I have used BBMap for calculating the CG content for all the contigs:
stats.sh trinity_gmap.fa
A C G T N IUPAC Other GC GC_stdev
0.3719 0.1285 0.1326 0.3670 0.0000 0.0000 0.0000 0.2611 0.1979
Main genome scaffold total: 37974
Main genome contig total: 37974
Main genome scaffold sequence total: 32.330 MB
Main genome contig sequence total: 32.330 MB 0.000% gap
Main genome scaffold N/L50: 7241/1.313 KB
Main genome contig N/L50: 7241/1.313 KB
Main genome scaffold N/L90: 26130/354
Main genome contig N/L90: 26130/354
Max scaffold length: 14.632 KB
Max contig length: 14.632 KB
Number of scaffolds > 50 KB: 0
% main genome in scaffolds > 50 KB: 0.00%
Minimum Number Number Total Total Scaffold
Scaffold of of Scaffold Contig Contig
Length Scaffolds Contigs Length Length Coverage
-------- -------------- -------------- -------------- -------------- --------
All 37,974 37,974 32,329,550 32,329,550 100.00%
100 37,974 37,974 32,329,550 32,329,550 100.00%
250 33,820 33,820 31,398,555 31,398,555 100.00%
500 19,529 19,529 26,343,945 26,343,945 100.00%
1 KB 10,520 10,520 19,945,249 19,945,249 100.00%
2.5 KB 1,873 1,873 6,692,233 6,692,233 100.00%
5 KB 197 197 1,290,084 1,290,084 100.00%
10 KB 5 5 57,511 57,511 100.00%
So, the toal % of CG is 26% which is not too bad :)

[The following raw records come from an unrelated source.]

-- ===== src/App/Consistent/Events.antt =====
-- An event of the main loop keeps the flags of the runtime in agreement.
use xiaozhi.App.Consistent.{Consistent, Off-Consistent, upload_off-Off, set_state-Off, reset-Off}
use xiaozhi.App.Loop.{handle_text, finish_playback, dispatch_type}
use xiaozhi.App.Messages.{
  with_decoder, handle_kind, handle_hello, update_decoder_from_hello, reinit_decoder,
  take_session_id, tts_start, tts_stop, handle_protocol_event,
}
use xiaozhi.App.State.{App, World}
use xiaozhi.App.Consistent.Kept.{session-Consistent}
use xiaozhi.AudioBuffer
use xiaozhi.Base.{
  Bool, true, false, ◌&&◌, ◌==◌, [], ◌∷◌, Status, ok, failed, if◌then◌else◌, inl, inr, Option-cases,
}
use xiaozhi.Base.Int.{ℤ, pos, int_eq}
use xiaozhi.Base.Strings.{Bytes}
use xiaozhi.Event.{EventType}
use xiaozhi.Opus.{Decoder, decoder_init, decoder_destroy}
use xiaozhi.Protocol.{Kind, IncomingEvent, parse_incoming_json}
use xiaozhi.Session.{State}

pub if-Consistent :
    {x y : App} (b : Bool) → Consistent x → Consistent y → Consistent (if b then x else y)
if-Consistent true c d = c
if-Consistent false c d = d

with_decoder-Consistent :
    (app : App) (rate : ℤ) (x : Status × Decoder)
    → Consistent app
    → Consistent (with_decoder app rate x)
unfolding with_decoder
with_decoder-Consistent app rate (ok, d) c = record {
  microphone = c.microphone;
  client = c.client;
  upload = c.upload;
}
with_decoder-Consistent app rate (failed, d) c = record {
  microphone = c.microphone;
  client = c.client;
  upload = c.upload;
}

decoder-Consistent :
    {Item : Type 0} (w : World Item) (app : App) (rate channels : ℤ)
    → Consistent app
    → Consistent (reinit_decoder w app rate channels)
unfolding reinit_decoder
decoder-Consistent w app rate channels c =
    if-Consistent (int_eq rate app.decoder_sample_rate && int_eq channels (pos 1)) c (
      with_decoder-Consistent app rate
        (decoder_init (decoder_destroy app.decoder) rate channels w.decoder_created) c)

session_id-Consistent :
    (app : App) (id : Bytes) → Consistent app → Consistent (take_session_id app id)
unfolding take_session_id
session_id-Consistent app [] c = c
session_id-Consistent app (x ∷ id) c = record {
  microphone = c.microphone;
  client = c.client;
  upload = λ e. ((c.upload e).0, (c.upload e).1, λ z. cc);
}

hello-Consistent :
    {Item : Type 0} (w : World Item) (app : App) (event : IncomingEvent)
    → Consistent app
    → Consistent (handle_hello w app event)
unfolding handle_hello update_decoder_from_hello
hello-Consistent w app event c =
    session-Consistent w (update_decoder_from_hello w (take_session_id app event.session_id) event)
      EventType.ws_hello
      (decoder-Consistent w (take_session_id app event.session_id) _ _
        (session_id-Consistent app event.session_id c))

tts_start-Consistent : (app : App) → Consistent app → Consistent (tts_start app)
unfolding tts_start
tts_start-Consistent app c =
    let o = set_state-Off State.playing_tts (upload_off-Off app c.client) in
    Off-Consistent (record { microphone = o.microphone; client = o.client; upload = o.upload })

done-Consistent : (app : App) (b : Bool) → Consistent app → Consistent (record app { tts_done = b })
done-Consistent app b c = record { microphone = c.microphone; client = c.client; upload = c.upload }

tts_stop-Consistent : (app : App) → Consistent app → Consistent (tts_stop app)
unfolding tts_stop
tts_stop-Consistent app c =
    let d = record app { tts_done = true } in
    if-Consistent (AudioBuffer.size app.playback.queue == 0) (Off-Consistent (reset-Off d c.client))
      (done-Consistent app true c)

kind-Consistent :
    {Item : Type 0} (w : World Item) (app : App) (event : IncomingEvent) (k : Kind)
    → Consistent app
    → Consistent (handle_kind w app event k)
unfolding handle_kind
kind-Consistent w app event Kind.hello c = hello-Consistent w app event c
kind-Consistent w app event Kind.tts_start c = tts_start-Consistent app c
kind-Consistent w app event Kind.tts_stop c = tts_stop-Consistent app c
kind-Consistent w app event _ c = c

text-Consistent :
    {Item : Type 0} (w : World Item) (app : App) (text : Bytes)
    → Consistent app
    → Consistent (handle_text w app text)
unfolding handle_text handle_protocol_event
text-Consistent w app text c = elim (Option-cases (parse_incoming_json w.json text)) [
  | inl e ↦ rw (handle_text, e) c
  | inr (event, e) ↦ rw (handle_text, e) (kind-Consistent w app event event.type c)
]

pub type-Consistent :
    {Item : Type 0} (w : World Item) (app : App) (t : EventType) (text : Bytes)
    → Consistent app
    → Consistent (dispatch_type w app t text)
unfolding dispatch_type finish_playback
type-Consistent w app EventType.manual_start text c =
    session-Consistent w app EventType.manual_start c
type-Consistent w app EventType.wakeword_detected text c =
    session-Consistent w app EventType.wakeword_detected c
type-Consistent w app EventType.manual_stop text c =
    session-Consistent w app EventType.manual_stop c
type-Consistent w app EventType.ws_connected text c =
    session-Consistent w app EventType.ws_connected c
type-Consistent w app EventType.ws_text text c = text-Consistent w app text c
type-Consistent w app EventType.capture_silence_timeout text c =
    session-Consistent w app EventType.capture_silence_timeout c
type-Consistent w app EventType.playback_finished text c =
    if-Consistent app.tts_done (Off-Consistent (reset-Off app c.client)) c
type-Consistent w app EventType.error text c = session-Consistent w app EventType.error c
type-Consistent w app EventType.shutdown text c = record {
  microphone = c.microphone;
  client = c.client;
  upload = c.upload;
}
type-Consistent w app _ text c = c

however, I would like to know any way of calculating the CG content for each contig.
Any idea?
Thank you so much!
Thank you so much!. Your comment has been very helpful.
I just read that when I run
I get :
I have been reading about what means each column :
ts transition ie. adacent A<=>G or C<=>T tv transversion - the other possible [AGTC]<=>[AGTC] ajdacent pairs CpG CG pair (revcom aware) CpG-ts CG pair (revcom aware) but allowing transitions in 1st (and/or 2nd) base 2 number of ambiguous IUPAC bases with 2 possibile values 3 ditto with 3 4 ditto with 4 (I assume this means "N")
I think that the one I am interesting in is CpG. Or may be I should just focus on C and G columns?
If you want CG content, focus on G and C column and divide the sum of these two by the sum of all A, C, T, G.